-- Task objective --
Every line in the entries where "page" is found should be copied.

(Data supplied Opens)

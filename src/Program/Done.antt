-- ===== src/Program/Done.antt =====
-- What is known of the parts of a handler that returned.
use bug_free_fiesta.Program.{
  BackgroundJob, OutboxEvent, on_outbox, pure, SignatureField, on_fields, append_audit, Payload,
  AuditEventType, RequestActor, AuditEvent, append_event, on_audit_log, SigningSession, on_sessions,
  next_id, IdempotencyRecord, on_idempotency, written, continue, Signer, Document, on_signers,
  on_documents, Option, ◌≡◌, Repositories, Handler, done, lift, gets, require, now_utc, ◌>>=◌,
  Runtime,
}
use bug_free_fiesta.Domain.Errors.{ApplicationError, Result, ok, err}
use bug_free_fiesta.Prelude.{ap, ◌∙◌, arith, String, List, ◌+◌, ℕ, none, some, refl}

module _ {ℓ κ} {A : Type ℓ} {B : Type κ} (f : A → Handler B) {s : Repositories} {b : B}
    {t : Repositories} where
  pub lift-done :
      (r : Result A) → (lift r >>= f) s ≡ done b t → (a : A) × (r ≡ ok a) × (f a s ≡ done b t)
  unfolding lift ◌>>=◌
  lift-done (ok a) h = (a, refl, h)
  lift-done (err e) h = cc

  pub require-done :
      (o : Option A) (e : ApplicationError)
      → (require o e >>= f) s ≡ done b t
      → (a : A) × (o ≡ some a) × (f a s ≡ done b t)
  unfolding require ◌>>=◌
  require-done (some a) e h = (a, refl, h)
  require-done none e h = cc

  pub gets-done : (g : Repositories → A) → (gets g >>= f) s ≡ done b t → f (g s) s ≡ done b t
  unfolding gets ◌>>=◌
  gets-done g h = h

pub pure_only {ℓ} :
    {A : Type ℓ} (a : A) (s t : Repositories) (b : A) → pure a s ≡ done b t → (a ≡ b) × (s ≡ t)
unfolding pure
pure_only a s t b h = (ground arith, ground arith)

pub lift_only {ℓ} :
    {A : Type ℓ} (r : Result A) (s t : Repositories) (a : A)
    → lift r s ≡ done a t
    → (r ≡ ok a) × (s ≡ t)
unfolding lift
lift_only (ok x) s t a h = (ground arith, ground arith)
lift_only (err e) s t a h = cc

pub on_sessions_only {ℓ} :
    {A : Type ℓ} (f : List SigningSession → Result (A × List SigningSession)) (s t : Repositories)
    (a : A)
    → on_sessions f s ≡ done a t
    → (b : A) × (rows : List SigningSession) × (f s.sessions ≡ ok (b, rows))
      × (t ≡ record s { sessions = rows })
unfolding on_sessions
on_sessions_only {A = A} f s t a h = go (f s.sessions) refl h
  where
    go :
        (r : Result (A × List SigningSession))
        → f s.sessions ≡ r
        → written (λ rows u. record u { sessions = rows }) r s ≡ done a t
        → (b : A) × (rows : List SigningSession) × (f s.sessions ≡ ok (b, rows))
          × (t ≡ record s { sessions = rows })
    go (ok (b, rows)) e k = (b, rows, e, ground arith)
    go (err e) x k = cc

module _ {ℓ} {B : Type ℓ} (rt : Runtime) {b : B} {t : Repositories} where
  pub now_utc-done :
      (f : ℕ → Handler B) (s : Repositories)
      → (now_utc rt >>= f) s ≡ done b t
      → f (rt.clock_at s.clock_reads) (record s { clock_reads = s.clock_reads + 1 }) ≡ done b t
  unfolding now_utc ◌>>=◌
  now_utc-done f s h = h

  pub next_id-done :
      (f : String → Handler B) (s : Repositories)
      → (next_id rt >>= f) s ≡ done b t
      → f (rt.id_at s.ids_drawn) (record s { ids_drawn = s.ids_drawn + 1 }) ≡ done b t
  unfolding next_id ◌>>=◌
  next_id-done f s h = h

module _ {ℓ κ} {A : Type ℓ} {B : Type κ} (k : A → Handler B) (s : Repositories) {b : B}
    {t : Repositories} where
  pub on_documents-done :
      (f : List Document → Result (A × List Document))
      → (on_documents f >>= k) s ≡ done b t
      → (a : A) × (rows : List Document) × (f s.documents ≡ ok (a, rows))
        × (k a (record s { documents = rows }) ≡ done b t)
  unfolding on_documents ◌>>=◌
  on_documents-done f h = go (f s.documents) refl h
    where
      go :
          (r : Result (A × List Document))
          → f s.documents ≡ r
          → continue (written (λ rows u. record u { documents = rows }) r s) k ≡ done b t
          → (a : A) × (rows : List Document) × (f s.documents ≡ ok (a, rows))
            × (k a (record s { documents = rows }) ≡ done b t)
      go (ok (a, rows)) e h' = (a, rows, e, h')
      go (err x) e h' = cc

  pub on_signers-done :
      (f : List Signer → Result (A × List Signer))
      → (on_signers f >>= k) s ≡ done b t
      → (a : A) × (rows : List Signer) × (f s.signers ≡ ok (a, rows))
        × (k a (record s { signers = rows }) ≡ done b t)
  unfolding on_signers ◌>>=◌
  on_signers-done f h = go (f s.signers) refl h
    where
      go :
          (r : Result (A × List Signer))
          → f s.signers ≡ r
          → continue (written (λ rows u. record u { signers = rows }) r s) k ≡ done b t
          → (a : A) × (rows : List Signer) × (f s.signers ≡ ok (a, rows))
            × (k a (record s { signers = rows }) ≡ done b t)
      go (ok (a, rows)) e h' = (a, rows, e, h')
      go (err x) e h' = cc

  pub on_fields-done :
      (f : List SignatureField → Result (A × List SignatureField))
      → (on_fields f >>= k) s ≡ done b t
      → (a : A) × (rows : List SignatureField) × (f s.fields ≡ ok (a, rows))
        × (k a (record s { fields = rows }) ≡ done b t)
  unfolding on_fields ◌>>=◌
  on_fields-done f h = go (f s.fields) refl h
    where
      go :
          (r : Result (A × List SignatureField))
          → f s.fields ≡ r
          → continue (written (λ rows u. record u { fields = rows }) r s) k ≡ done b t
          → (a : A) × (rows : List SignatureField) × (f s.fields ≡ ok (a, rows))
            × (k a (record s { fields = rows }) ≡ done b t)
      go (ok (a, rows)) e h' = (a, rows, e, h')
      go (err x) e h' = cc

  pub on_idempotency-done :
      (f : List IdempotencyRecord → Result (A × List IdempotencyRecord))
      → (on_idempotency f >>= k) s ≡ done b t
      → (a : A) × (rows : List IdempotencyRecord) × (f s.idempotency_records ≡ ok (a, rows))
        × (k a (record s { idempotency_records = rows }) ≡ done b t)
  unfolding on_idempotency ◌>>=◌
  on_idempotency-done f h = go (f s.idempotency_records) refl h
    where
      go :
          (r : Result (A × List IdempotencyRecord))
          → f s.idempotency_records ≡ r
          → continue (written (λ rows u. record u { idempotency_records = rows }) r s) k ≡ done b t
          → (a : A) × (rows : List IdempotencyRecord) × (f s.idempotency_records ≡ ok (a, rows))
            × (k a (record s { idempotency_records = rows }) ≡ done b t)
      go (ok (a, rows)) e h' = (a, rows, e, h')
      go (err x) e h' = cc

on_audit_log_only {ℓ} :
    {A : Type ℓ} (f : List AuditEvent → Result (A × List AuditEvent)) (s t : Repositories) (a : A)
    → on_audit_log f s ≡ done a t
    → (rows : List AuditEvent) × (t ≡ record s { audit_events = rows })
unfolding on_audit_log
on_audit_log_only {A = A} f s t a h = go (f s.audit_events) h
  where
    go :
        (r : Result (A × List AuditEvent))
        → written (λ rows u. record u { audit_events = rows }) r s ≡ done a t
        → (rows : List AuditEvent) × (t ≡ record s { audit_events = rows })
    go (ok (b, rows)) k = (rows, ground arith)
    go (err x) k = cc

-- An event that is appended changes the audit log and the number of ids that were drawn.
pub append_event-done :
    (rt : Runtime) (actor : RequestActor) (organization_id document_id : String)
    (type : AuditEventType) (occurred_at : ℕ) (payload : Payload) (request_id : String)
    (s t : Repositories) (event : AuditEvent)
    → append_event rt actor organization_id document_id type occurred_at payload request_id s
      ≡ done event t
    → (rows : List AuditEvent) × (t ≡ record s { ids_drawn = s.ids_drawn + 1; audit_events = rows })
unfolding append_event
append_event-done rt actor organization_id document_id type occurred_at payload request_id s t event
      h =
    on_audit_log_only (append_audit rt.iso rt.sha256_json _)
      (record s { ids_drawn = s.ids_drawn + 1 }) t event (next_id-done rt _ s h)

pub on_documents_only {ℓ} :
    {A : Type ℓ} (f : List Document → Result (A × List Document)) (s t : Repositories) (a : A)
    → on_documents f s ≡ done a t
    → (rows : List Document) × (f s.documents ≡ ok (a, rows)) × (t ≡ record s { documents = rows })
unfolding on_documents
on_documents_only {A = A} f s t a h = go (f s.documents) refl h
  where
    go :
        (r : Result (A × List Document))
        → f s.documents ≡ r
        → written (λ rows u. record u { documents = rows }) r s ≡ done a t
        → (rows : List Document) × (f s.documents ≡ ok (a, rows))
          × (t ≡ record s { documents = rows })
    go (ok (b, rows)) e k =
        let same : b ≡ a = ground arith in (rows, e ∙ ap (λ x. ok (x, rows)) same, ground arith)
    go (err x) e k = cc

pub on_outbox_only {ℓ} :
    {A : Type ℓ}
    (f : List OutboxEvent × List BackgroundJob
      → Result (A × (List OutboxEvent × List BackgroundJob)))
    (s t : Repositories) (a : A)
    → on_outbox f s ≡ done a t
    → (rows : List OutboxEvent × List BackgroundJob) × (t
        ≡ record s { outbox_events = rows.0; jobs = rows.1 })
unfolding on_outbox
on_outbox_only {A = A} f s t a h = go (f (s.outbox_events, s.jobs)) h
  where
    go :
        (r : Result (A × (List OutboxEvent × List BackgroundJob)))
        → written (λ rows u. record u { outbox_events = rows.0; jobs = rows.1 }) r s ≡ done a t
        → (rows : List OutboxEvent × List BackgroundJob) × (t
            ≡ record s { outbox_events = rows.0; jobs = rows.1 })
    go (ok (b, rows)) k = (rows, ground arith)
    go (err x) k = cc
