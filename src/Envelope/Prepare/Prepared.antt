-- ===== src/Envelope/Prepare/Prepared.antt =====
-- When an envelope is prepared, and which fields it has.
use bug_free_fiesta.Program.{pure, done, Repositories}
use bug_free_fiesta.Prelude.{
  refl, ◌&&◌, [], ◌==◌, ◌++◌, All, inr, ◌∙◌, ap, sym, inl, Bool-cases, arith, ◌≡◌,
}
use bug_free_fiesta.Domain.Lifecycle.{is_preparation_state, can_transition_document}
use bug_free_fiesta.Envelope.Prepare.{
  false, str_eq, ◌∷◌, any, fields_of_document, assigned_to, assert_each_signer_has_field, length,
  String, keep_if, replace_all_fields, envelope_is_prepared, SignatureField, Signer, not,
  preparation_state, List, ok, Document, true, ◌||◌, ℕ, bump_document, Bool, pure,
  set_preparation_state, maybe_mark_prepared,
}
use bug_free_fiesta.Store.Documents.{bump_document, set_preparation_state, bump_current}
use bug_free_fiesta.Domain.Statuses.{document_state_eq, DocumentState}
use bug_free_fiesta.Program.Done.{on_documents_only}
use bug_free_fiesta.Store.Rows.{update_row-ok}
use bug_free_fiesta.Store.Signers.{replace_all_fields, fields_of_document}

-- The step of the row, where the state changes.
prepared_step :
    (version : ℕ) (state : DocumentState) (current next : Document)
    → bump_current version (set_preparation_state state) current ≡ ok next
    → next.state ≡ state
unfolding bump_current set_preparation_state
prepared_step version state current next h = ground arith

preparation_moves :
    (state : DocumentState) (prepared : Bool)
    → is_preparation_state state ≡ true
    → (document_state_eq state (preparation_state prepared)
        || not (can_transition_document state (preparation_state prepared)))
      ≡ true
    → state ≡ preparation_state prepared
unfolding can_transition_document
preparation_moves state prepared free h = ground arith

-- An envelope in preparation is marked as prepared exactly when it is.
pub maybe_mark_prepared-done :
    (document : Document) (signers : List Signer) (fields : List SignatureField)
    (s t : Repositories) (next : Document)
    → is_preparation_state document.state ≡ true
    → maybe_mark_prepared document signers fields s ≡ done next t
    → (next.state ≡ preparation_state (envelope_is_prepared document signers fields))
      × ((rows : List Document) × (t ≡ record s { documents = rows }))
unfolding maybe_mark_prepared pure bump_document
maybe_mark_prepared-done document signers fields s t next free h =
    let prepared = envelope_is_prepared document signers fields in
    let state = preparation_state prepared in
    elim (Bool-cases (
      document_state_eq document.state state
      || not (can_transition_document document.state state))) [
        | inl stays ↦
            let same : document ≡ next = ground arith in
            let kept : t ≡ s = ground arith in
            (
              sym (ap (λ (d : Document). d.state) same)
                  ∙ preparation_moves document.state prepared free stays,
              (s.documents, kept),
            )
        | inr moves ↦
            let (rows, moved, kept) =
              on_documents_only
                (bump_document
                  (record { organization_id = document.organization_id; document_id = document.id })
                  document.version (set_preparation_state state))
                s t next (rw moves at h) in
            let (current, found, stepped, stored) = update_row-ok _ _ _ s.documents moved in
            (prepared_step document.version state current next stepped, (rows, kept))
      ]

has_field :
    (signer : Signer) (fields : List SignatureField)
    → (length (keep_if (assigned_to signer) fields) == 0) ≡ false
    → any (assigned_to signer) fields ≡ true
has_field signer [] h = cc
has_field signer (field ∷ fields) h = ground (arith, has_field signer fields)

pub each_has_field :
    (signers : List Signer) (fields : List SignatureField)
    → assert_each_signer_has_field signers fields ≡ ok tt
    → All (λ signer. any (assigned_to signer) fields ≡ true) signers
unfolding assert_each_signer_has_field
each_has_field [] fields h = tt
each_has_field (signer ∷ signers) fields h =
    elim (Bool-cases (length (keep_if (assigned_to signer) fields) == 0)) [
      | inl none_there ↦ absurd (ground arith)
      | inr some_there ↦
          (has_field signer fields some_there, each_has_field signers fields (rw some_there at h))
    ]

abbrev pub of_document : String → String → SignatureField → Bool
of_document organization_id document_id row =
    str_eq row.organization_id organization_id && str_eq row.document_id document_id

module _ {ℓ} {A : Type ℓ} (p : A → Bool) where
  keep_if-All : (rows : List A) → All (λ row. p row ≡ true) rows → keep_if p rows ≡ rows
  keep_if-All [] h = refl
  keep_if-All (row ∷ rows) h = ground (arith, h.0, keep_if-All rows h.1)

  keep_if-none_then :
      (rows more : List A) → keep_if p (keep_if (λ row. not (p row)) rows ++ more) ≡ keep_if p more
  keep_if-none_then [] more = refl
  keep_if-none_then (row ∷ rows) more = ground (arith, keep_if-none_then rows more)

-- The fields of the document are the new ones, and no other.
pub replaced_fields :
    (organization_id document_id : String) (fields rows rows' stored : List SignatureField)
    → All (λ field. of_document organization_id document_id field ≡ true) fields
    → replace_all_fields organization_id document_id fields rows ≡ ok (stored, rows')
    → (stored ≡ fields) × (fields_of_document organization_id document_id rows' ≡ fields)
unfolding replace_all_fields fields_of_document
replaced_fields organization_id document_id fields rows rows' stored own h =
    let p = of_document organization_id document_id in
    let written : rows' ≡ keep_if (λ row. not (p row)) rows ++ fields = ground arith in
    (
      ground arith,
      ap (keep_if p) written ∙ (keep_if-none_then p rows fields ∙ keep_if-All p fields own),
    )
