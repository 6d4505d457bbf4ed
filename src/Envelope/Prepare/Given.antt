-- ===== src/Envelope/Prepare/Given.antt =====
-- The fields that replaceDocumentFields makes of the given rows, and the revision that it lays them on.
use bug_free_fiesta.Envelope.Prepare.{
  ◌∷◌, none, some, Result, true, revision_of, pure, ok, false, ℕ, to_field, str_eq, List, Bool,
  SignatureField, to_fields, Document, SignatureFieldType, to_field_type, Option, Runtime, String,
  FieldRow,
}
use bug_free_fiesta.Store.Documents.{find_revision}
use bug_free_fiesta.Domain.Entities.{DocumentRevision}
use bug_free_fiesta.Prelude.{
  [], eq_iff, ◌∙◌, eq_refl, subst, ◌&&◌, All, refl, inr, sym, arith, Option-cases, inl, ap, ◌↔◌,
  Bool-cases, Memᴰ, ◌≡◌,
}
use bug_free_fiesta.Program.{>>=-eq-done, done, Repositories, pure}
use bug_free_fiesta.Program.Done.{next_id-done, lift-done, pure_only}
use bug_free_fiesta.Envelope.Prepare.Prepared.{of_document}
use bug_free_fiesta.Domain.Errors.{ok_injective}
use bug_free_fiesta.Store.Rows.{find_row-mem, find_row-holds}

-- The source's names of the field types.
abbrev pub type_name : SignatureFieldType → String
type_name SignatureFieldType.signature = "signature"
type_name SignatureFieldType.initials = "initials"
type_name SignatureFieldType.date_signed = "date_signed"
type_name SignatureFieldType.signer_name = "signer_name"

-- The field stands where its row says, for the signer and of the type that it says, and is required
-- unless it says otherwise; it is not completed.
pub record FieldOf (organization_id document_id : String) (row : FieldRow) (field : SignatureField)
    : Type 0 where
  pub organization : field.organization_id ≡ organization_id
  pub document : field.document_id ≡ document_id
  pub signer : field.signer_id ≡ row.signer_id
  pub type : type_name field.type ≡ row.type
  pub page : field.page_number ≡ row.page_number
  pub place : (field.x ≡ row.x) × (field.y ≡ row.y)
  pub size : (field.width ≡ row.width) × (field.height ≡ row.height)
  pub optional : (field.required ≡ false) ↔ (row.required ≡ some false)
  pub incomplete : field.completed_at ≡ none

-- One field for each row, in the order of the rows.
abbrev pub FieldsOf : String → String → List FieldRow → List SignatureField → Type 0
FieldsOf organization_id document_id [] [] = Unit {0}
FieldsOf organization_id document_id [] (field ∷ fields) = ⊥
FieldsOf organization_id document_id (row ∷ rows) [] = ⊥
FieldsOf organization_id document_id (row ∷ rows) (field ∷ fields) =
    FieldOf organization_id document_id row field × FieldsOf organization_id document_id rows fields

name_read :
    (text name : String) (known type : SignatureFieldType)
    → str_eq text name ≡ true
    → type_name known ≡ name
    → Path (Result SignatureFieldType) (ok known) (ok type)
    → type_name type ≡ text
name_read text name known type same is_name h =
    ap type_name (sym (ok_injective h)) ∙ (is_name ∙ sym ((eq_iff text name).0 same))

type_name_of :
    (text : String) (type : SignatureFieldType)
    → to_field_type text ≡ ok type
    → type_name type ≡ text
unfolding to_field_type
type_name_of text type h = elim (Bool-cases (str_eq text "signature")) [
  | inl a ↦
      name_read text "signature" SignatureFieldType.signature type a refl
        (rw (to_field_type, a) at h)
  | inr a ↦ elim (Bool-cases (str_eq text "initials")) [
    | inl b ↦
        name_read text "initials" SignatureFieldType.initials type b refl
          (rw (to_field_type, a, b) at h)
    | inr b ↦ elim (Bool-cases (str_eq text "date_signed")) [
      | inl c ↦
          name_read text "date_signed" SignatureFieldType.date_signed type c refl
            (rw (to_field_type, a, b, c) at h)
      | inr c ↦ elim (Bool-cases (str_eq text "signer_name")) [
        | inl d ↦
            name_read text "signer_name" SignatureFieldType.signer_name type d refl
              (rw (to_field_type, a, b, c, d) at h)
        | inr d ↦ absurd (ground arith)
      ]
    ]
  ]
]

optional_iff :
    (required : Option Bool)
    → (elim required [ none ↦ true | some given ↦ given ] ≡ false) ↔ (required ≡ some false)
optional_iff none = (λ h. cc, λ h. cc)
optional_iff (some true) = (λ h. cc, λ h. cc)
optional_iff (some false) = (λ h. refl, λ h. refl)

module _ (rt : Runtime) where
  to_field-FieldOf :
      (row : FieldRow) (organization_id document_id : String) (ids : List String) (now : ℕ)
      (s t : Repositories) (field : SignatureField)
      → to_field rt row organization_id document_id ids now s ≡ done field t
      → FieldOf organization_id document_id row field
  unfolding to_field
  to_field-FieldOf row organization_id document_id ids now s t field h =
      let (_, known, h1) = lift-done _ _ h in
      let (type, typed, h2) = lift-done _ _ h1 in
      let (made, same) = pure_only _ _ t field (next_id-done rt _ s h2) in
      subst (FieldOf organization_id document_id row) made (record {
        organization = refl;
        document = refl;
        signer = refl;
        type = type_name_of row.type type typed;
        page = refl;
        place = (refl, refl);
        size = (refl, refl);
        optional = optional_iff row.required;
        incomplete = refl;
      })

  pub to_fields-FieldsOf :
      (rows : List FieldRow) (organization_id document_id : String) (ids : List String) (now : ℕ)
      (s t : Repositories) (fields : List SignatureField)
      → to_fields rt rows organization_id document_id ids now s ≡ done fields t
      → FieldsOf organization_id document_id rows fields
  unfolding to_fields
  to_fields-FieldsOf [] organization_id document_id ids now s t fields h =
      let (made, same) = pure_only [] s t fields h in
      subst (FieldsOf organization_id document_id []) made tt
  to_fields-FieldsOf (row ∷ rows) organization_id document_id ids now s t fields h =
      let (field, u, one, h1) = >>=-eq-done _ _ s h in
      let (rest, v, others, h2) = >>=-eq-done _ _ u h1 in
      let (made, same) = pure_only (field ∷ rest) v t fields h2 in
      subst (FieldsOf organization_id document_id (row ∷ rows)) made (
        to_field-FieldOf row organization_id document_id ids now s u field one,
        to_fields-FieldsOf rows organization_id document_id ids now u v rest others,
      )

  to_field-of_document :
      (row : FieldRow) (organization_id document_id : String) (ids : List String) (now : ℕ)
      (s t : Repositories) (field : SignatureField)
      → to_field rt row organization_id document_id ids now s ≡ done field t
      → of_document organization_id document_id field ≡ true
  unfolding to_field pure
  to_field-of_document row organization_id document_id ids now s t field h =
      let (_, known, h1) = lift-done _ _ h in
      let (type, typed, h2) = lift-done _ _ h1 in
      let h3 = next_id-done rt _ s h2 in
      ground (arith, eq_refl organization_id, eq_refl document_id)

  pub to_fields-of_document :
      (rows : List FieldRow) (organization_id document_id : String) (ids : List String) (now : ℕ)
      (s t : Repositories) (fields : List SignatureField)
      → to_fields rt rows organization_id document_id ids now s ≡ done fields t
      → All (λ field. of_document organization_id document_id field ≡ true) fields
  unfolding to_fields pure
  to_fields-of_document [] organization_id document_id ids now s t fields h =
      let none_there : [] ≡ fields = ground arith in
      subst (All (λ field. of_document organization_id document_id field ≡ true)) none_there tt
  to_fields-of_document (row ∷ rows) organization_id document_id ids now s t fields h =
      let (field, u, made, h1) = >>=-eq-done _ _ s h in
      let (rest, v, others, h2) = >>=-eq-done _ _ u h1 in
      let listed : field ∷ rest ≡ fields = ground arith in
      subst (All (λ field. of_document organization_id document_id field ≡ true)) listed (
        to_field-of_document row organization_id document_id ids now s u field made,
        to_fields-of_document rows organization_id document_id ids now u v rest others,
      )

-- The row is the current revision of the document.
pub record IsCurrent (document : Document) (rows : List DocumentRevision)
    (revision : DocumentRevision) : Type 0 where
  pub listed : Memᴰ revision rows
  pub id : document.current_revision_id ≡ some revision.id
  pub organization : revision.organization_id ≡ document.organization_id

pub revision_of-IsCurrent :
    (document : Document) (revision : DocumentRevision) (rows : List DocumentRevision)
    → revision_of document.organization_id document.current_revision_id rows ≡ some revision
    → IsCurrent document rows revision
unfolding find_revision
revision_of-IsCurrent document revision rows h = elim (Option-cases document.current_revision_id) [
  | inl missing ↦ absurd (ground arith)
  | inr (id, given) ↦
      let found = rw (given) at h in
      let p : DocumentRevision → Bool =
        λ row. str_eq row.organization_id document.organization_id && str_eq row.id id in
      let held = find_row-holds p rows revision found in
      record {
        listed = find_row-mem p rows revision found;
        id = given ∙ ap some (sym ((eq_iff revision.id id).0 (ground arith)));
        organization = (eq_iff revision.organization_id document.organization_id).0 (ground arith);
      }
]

(Data supplied Closes)

-- Exercise answer --
  pub page : field.page_number ≡ row.page_number
        page = refl;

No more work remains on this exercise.